Sandra Georgeson August 5, 2025 at 6:53 pm #
As an adoption support agency I am not surprised by this drop in adopters given the uncertainty around the support adopters will receive in the future and the current reduction in the fair access limit. I also hear from families that they have different support from different local authorities, with some being really proactive in offering adopters pathways to support and others being less helpful. In my experience the best packages of support transition the child from foster care to adoption. This allows for the opportunity to assess the child’s therapeutic and attachment needs to put the correct therapy in place prior to adoption. It also allows the adopters to receive informed support from the start instead of waiting for crisis. I’m very lucky with our local authority Barnsley, as they support these transition packages and have seen the benefits for children and their adoptive parents. If more packages were in place from the start it may help attract adopters. The current climate is sadly creating a very unstable environment for adoption, which in turn leaves our most vulnerable children without permanency or a sense of safety.

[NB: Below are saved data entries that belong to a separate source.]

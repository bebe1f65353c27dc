-- ===== src/Http/Range.antt =====
-- range.rs: validating the response to a range request; with `ContentCoding::parse_list` of coding.rs.
use bolt_load.Prelude.{
  ℕ, Bool, true, false, not, ◌||◌, ◌&&◌, Option, none, some, List, [], ◌∷◌, ltb, leb, ◌==◌,
  if◌then◌else◌, any, filter, map, is_empty, Result, ok, err, ◌>>=◌,
}
use bolt_load.Planner.Chunk.{Range}
use bolt_load.Adapter.Error.{
  Text, ContentRange, UnretryableError, range_ignored, range_mismatch, range_content_coded,
  range_not_satisfiable, AdapterError, unretryable,
}
use bolt_load.Adapter.Text.{split, trim, lowercase, text_eq, eq_ignore_ascii_case}
use bolt_load.Adapter.ContentRange.{from_str, unsatisfied_complete}
use bolt_load.Http.Status.{classify_status}

abbrev comma : ℕ
comma = b','

abbrev semicolon : ℕ
semicolon = b';'

-- coding.rs.
pub data ContentCoding : Type 0 where
  gzip deflate brotli zstd : ContentCoding
  other : Text → ContentCoding

abbrev pub gzip_name : Text
gzip_name = b'g' ∷ b'z' ∷ b'i' ∷ b'p' ∷ []

unfoldable pub from_name : Text → ContentCoding
unfolding lowercase text_eq
from_name name =
    let name' = lowercase name in
    if text_eq name' gzip_name || text_eq name' (b'x' ∷ b'-' ∷ gzip_name)
    then gzip
    else if text_eq name' (b'd' ∷ b'e' ∷ b'f' ∷ b'l' ∷ b'a' ∷ b't' ∷ b'e' ∷ [])
    then deflate
    else if text_eq name' (b'b' ∷ b'r' ∷ [])
    then brotli
    else if text_eq name' (b'z' ∷ b's' ∷ b't' ∷ b'd' ∷ [])
    then zstd
    else other name'

abbrev identity_name : Text
identity_name = b'i' ∷ b'd' ∷ b'e' ∷ b'n' ∷ b't' ∷ b'i' ∷ b't' ∷ b'y' ∷ []

abbrev pub parts_of : Text × List Text → List Text
parts_of (part, parts) = part ∷ parts

unfoldable pub parse_list : Text → List ContentCoding
unfolding split trim eq_ignore_ascii_case from_name
parse_list value = map from_name (
    filter (λ name. not (is_empty name) && not (eq_ignore_ascii_case name identity_name))
      (map trim (parts_of (split comma value))))

abbrev multipart_name : Text
multipart_name =
    b'm' ∷ b'u' ∷ b'l' ∷ b't' ∷ b'i' ∷ b'p' ∷ b'a' ∷ b'r' ∷ b't' ∷ b'/' ∷ b'b' ∷ b'y' ∷ b't' ∷ b'e'
    ∷ b'r' ∷ b'a' ∷ b'n' ∷ b'g' ∷ b'e' ∷ b's' ∷ []

unfoldable pub is_multipart : Text → Bool
unfolding split trim eq_ignore_ascii_case
is_multipart content_type =
    any (λ value. eq_ignore_ascii_case (trim (split semicolon value).0) multipart_name)
      (parts_of (split comma content_type))

pub record RangeHeaders : Type 0 where
  pub content_range : Option Text
  pub content_type : Option Text
  pub content_encoding : Option Text
  pub retry_after : Option ℕ

abbrev pub ok_of {ℓ κ} : {A : Type ℓ} {E : Type κ} → Result A E → Option A
ok_of (ok a) = some a
ok_of (err e) = none

abbrev pub is_some_and {ℓ} : {A : Type ℓ} → (A → Bool) → Option A → Bool
is_some_and p none = false
is_some_and p (some a) = p a

-- The total of the response against the one that is expected.
abbrev pub agrees : Option ℕ → Option ℕ → Bool
agrees (some complete) (some total) = complete == total
agrees (some complete) none = true
agrees none expected = true

-- The coding, if the value names one.
abbrev pub coded : Option Text → Option Text
coded none = none
coded (some coding) = if not (is_empty (parse_list coding)) then some coding else none

-- The match on the parsed header in `check_partial`.
abbrev pub check_got :
    RangeHeaders → Range → Option ℕ → Option ContentRange → Result ContentRange UnretryableError
check_got headers requested expected none = err (range_mismatch requested none)
check_got headers requested expected (some got) =
    if not (is_some_and is_multipart headers.content_type)
      && got.first == requested.start
      && ltb got.last requested.end
      && agrees got.complete expected
    then (elim (coded headers.content_encoding) [
      | none ↦ ok got
      | some coding ↦ err (range_content_coded coding)
    ])
    else err (range_mismatch requested (some got))

abbrev pub into {ℓ} : {A : Type ℓ} → Result A UnretryableError → Result A AdapterError
into (ok a) = ok a
into (err e) = err (unretryable e)

unfoldable pub check_partial : RangeHeaders → Range → Option ℕ → Result ContentRange AdapterError
unfolding from_str is_multipart parse_list
check_partial headers requested expected = into (
    check_got headers requested expected
      (headers.content_range >>= λ value. ok_of (from_str value)))

unfoldable pub validate_range_response :
    ℕ → RangeHeaders → Range → Option ℕ → Result ContentRange AdapterError
unfolding check_partial unsatisfied_complete classify_status
validate_range_response status headers requested expected =
    if status == 206
    then check_partial headers requested expected
    else if status == 200
    then err (unretryable range_ignored)
    else if status == 416
    then err (unretryable (range_not_satisfiable (headers.content_range >>= unsatisfied_complete)))
    else if leb 400 status && leb status 599
    then err (classify_status status headers.retry_after)
    else err (unretryable (UnretryableError.status status))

M Etchels August 9, 2025 at 12:24 pm #
I totally concur with all of the above comments. As adoptive parents we have long felt that more support (not less!) is needed for families such as ours, and that was before, out of the blue, the Government decided in its wisdom to make cuts to the ASGSF, so now we have less support than before. Our children are amazing, but they have suffered trauma and have a number of diagnoses. My husband now has a number of long term health issues directly attributable to stress we have been under for many years. If anyone asks us about adoption, we now warn them of the challenges we’ve faced and the continual fight for support. Prospective adopters need to go into adoption with their eyes wide open, and also to understand there is a chance that one of them may need to give up their job permanently due to their child’s needs. When we heard of the cuts to the ASGSF, along with the shock of realising our son’s therapy would directly be affected (along with a reduction in regular sessions, to date he has not had any therapy since March 2025 due to the Government’s delay in confirming any funding, and now due to the backlog in applications), our next thought was the impact this would have on recruiting future adopters.

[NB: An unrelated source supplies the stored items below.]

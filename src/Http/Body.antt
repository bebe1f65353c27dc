-- ===== src/Http/Body.antt =====
-- range.rs: `limit_range_body` and `RangeBody`.
use bolt_load.Prelude.{
  ℕ, ◌-◌, Bool, true, false, Option, none, some, ltb, leb, if◌then◌else◌, length, Result, ok, err,
  add64, sub64,
}
use bolt_load.Adapter.Error.{
  Text, ContentRange, range_body_too_long, range_body_too_short, AdapterError, unretryable,
}

-- An item of a body: a chunk, by its bytes, or an error.
abbrev pub Item : Type 0
Item = Result Text AdapterError

-- `is_open` is false once the body has failed the check; the body itself is what its polls give.
pub record RangeBody : Type 0 where
  pub is_open : Bool
  pub got : ContentRange
  pub remaining : ℕ

-- `got.last - got.first + 1`.
abbrev pub covered : ContentRange → ℕ
covered got = add64 (sub64 got.last got.first) 1

abbrev pub limit_range_body : ContentRange → RangeBody
limit_range_body got = record { is_open = true; got = got; remaining = covered got }

-- `poll_next` on an open body whose poll is ready with an item, or with the end.
abbrev pub poll_item : RangeBody → Option Item → RangeBody × Option Item
poll_item b (some (ok chunk)) =
    if leb (length chunk) b.remaining
    then (record b { remaining = b.remaining - length chunk }, some (ok chunk))
    else (record b { is_open = false }, some (err (unretryable (range_body_too_long b.got))))
poll_item b (some (err e)) = (b, some (err e))
poll_item b none =
    if ltb 0 b.remaining
    then (
      record b { is_open = false },
      some (err (unretryable (range_body_too_short b.got (sub64 (covered b.got) b.remaining)))),
    )
    else (b, none)

unfoldable pub poll_next : RangeBody → Option Item → RangeBody × Option Item
poll_next b item = if b.is_open then poll_item b item else (b, none)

James Mutton August 9, 2025 at 3:59 pm #
“..We are also doing a lot of work to improve the adopter journey, right from a prospective adopter’s very first contact with an agency, all the way through to a child moving in with adopters.”
…and then, the strong implication being, you’re on your own forever.
They’d rather talk about anything other than genuine adoption support.
I’m not conflicted about this at all.
Falling adoption numbers are the only thing that will bring about change.
JK August 11, 2025 at 12:51 pm #
Feels like drawbridges are being pulled up for families in England…adoption is much more of an ‘ask’ now, sadly since the 10 years ago when we adopted. Research has taught us so much about the range of issues and support these children come with, and need. We also know more about how to meet those needs for them to flourish, which is great, but we need to push for better structural, societal support for families with needs full stop. To prevent some of the things that stop children needing to be removed, to support them in permanency if they need alternative care, community family support, the SEND/education system, as well as it not being the case that making rent/mortgage payments doesn’t take 2 FT salaries. To find better, more equitable ways to access therapy and to understand that some children placed for adoption will need more and others less – not an annual cap situation, but an understanding that investment in some years/developmental phases reaps more rewards down the line.